On August 19, the infantry continued to mop up the smaller, isolated pockets of resistance. On August 20 and 21, the 3d Armored Division reassembled for a two-day maintenance and supply period in an area just south of Rânes. The 23d Engineers set up a shower area in a nearby stream. I didn’t give it much thought at the time, but later I realized that my last shower had been on July 1, just before we left Codford, England. It had been fifty days since I’d had a shower! For some of the fellows in CCA who came over before us, it had been more than sixty-five days. Even after we had moved out into the field at Codford, about a month before D day, we still enjoyed the luxury of a shower each night at the nearby Quonset hut lavatory.

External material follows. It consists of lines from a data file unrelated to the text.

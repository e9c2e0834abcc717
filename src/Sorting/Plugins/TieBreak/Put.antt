-- ===== src/Sorting/Plugins/TieBreak/Put.antt =====
-- src/sorting/plugins.rs: the edges that tie a node to the two parts of the new load order between
-- which it goes.
use libloot.Prelude.{
  ℕ, suc, ◌+◌, ◌<◌, ◌≡◌, refl, sym, ap, ◌∙◌, subst, List, [], ◌∷◌, ◌++◌, Option, none, some, Memᴰ,
  length, length-append, get_elem?, arith,
}
use mathlib.Core.List.{append_assoc, append-nil}
use mathlib.Core.List.Memᴰ
use libloot.External.Petgraph.{Petgraph}
use libloot.Sorting.Vertex.{EdgeType}
use libloot.Sorting.Graph.{Reach}
use libloot.Sorting.Plugins.Data.{SortingPlugin, PluginSortingData}
use libloot.Sorting.Plugins.Graph.{PluginsGraph, add_edge}
use libloot.Sorting.Plugins.Graph.Paths.{next_of}
use libloot.Sorting.Plugins.Graph.Growth.{
  IsSafe, Progress, Progress-refl, Progress-trans, add_edge-Progress, Reach-add_edge,
}
use libloot.Sorting.Plugins.TieBreak.{add_edge_from, add_edge_to, preceding, insert_position}
use libloot.Sorting.Plugins.TieBreak.Chain.{
  IsChain, ReachesHead, IsChain-cut, get_elem?-append, get_elem?_end, IsChain-concat,
}
use libloot.Sorting.Plugins.TieBreak.Scan.{Place, first, behind}
use libloot.Sorting.Plugins.TieBreak.Tied.{Reach-Grows, IsChain-Grows, not-Reach_back}

module _ {E T : Type 0} (trait : SortingPlugin E T) (P : Petgraph (PluginSortingData T)) where
  abbrev Graph : Type 0
  Graph = PluginsGraph trait P

  -- The edges to and from the node that goes between two parts of the load order.
  pub record Joined (graph : Graph) (node : ℕ) (front back : List ℕ) (graph' : Graph) : Type 0 where
    pub progress : Progress trait P graph graph'
    pub lead : IsChain (next_of trait P graph') (front ++ node ∷ [])
    pub reaches : ReachesHead (next_of trait P graph') node back

  -- The edge to the node behind, which `node` reaches already.
  join_back :
      (graph : Graph) (node : ℕ) (front back : List ℕ)
      → IsSafe trait P graph
      → node < P.node_count graph.inner
      → ((y : ℕ) → Memᴰ y back → y < P.node_count graph.inner)
      → ((y : ℕ) → Memᴰ y back → ¬ (node ≡ y))
      → ((y : ℕ) → Memᴰ y back → Reach (next_of trait P graph) node y)
      → IsChain (next_of trait P graph) (front ++ node ∷ [])
      → Joined graph node front back
          (add_edge_to trait P node (get_elem? (front ++ back) (length front)) graph)
  join_back graph node front [] safe hn hb ne reached lead = rw (append-nil front) (
      rw (get_elem?_end front)
        (record { progress = Progress-refl trait P graph safe; lead = lead; reaches = tt }))
  join_back graph node front (y ∷ ys) safe hn hb ne reached lead =
      let here_y = Memᴰ.head {xs = ys} refl in
      let p =
        add_edge-Progress trait P graph node y EdgeType.tie_break hn (hb y here_y) safe
          (not-Reach_back safe.acyclic (ne y here_y) (reached y here_y)) in
      rw (get_elem?-append front y ys) (record {
        progress = p;
        lead = IsChain-Grows trait P p.grows (front ++ node ∷ []) lead;
        reaches = Reach-Grows trait P p.grows node y (reached y here_y);
      })

  -- Where the node goes, and the edges that it gets.
  pub record Put (graph : Graph) (node : ℕ) (order : List ℕ) (position : ℕ) (graph' : Graph)
      : Type 0 where
    pub front : List ℕ
    pub back : List ℕ
    pub split : order ≡ front ++ back
    pub at : length front ≡ position
    pub joined : Joined graph node front back graph'

  module _ (graph : Graph) (node : ℕ) (pre post : List ℕ) (safe : IsSafe trait P graph)
      (hn : node < P.node_count graph.inner)
      (inside : (y : ℕ) → Memᴰ y (pre ++ post) → y < P.node_count graph.inner)
      (other : (y : ℕ) → Memᴰ y (pre ++ post) → ¬ (node ≡ y))
      (chain : IsChain (next_of trait P graph) (pre ++ post))
      (lead : IsChain (next_of trait P graph) (pre ++ node ∷ [])) where
    put_behind :
        (before : List ℕ) (x : ℕ) (zs : List ℕ)
        → post ≡ before ++ x ∷ zs
        → ¬ (Reach (next_of trait P graph) node x)
        → ((y : ℕ) → Memᴰ y zs → Reach (next_of trait P graph) node y)
        → (front : List ℕ) → front ≡ (pre ++ before) ++ x ∷ []
        → pre ++ post ≡ front ++ zs
        → Joined graph node front zs (
            add_edge_to trait P node
              (get_elem? (front ++ zs) (length front))
              (add_edge trait P x node EdgeType.tie_break graph))
    put_behind before x zs e not_x reached front ef whole =
        let x_in = subst (Memᴰ x) (sym whole) (
          Memᴰ.append_left zs
            (subst (Memᴰ x) (sym ef) (Memᴰ.append_right (pre ++ before) (Memᴰ.head refl)))) in
        let back_in =
          λ (y : ℕ) (m : Memᴰ y zs). subst (Memᴰ y) (sym whole) (Memᴰ.append_right front m) in
        let p =
          add_edge-Progress trait P graph x node EdgeType.tie_break (inside x x_in) hn safe not_x in
        let edge =
          Reach-add_edge trait P graph x node EdgeType.tie_break (inside x x_in) hn safe.sound in
        let up_to_x =
          (IsChain-cut (next_of trait P graph) (pre ++ before) x zs (
            subst (IsChain (next_of trait P graph))
              (ap (λ (l : List ℕ). pre ++ l) e ∙ sym (append_assoc pre before (x ∷ zs)))
              chain)).0 in
        let j =
          join_back (add_edge trait P x node EdgeType.tie_break graph) node front zs p.safe
            (omega (arith, hn, p.grows.count))
            (λ y m. omega (arith, inside y (back_in y m), p.grows.count))
            (λ y m. other y (back_in y m)) (λ y m. Reach-Grows trait P p.grows node y (reached y m))
            (rw ef (
              IsChain-concat (next_of trait P (add_edge trait P x node EdgeType.tie_break graph))
                (pre ++ before) x node
                (IsChain-Grows trait P p.grows ((pre ++ before) ++ x ∷ []) up_to_x) edge)) in
        record {
          progress = Progress-trans trait P p j.progress;
          lead = j.lead;
          reaches = j.reaches;
        }

    whole_eq :
        (before : List ℕ) (x : ℕ) (zs : List ℕ)
        → post ≡ before ++ x ∷ zs
        → pre ++ post ≡ ((pre ++ before) ++ x ∷ []) ++ zs
    whole_eq before x zs e =
        ap (λ (l : List ℕ). pre ++ l) e
        ∙ sym (append_assoc pre before (x ∷ zs))
        ∙ sym (append_assoc (pre ++ before) (x ∷ []) zs)

    preceding_eq :
        (before : List ℕ) (x : ℕ) (zs : List ℕ) (k : ℕ)
        → length before ≡ k
        → post ≡ before ++ x ∷ zs
        → get_elem? (pre ++ post) (length pre + k) ≡ some x
    preceding_eq before x zs k ek e =
        let len : length pre + k ≡ length (pre ++ before) =
          omega (arith, length-append pre before, ek) in
        rw (len, whole_eq before x zs e, append_assoc (pre ++ before) (x ∷ []) zs)
          (get_elem?-append (pre ++ before) x zs)

    pub Put-node :
        (previous : Option ℕ)
        → Place (next_of trait P graph) node post previous
        → Put graph node (pre ++ post) (insert_position trait P (length pre) previous) (
            add_edge_to trait P node
              (get_elem? (pre ++ post) (insert_position trait P (length pre) previous))
              (add_edge_from trait P
                (preceding trait P (length pre) previous (pre ++ post))
                node
                graph))
    Put-node none (first reached) = record {
      front = pre;
      back = post;
      split = refl;
      at = refl;
      joined =
          join_back graph node pre post safe hn (λ y m. inside y (Memᴰ.append_right pre m))
            (λ y m. other y (Memᴰ.append_right pre m)) reached lead;
    }
    Put-node (some _) (behind before x zs k ek e not_x reached) =
        let front = (pre ++ before) ++ x ∷ [] in
        let whole : pre ++ post ≡ front ++ zs = whole_eq before x zs e in
        let len : length front ≡ suc (length pre + k) =
          omega (arith, length-append (pre ++ before) (x ∷ []), length-append pre before, ek) in
        record {
          front = front;
          back = zs;
          split = whole;
          at = len;
          joined =
              rw (preceding_eq before x zs k ek e)
                (rw (whole, ← len) (put_behind before x zs e not_x reached front refl whole));
        }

Personal sanitation in the field is difficult at best. I was able to brush my teeth and wash my face almost daily and shave with cold water every third or fourth day, but I had no change of clothing except clean socks. When my turn for a shower finally came, I took off my helmet, pistol, combat jacket, money belt, regular belt, and combat boots and put them in one pile along with the contents of my pockets. I stripped off my wool shirt, wool trousers, long underwear tops and bottoms, and socks and made a dirty clothes pile next to the shower area. Having worn the same shirt, trousers, and long underwear for fifty-one days, I felt that they were raunchy enough to walk to the pile by themselves.

The quartermaster gave us fresh cakes of soap, and I indulged myself even though the water was ice cold. When we came out of the shower, we were each given a clean olive-drab towel and a new wool shirt, wool pants, socks, and long underwear. We never wore khaki uniforms and always wore long underwear, because in northern Europe the evenings were cool even in summertime.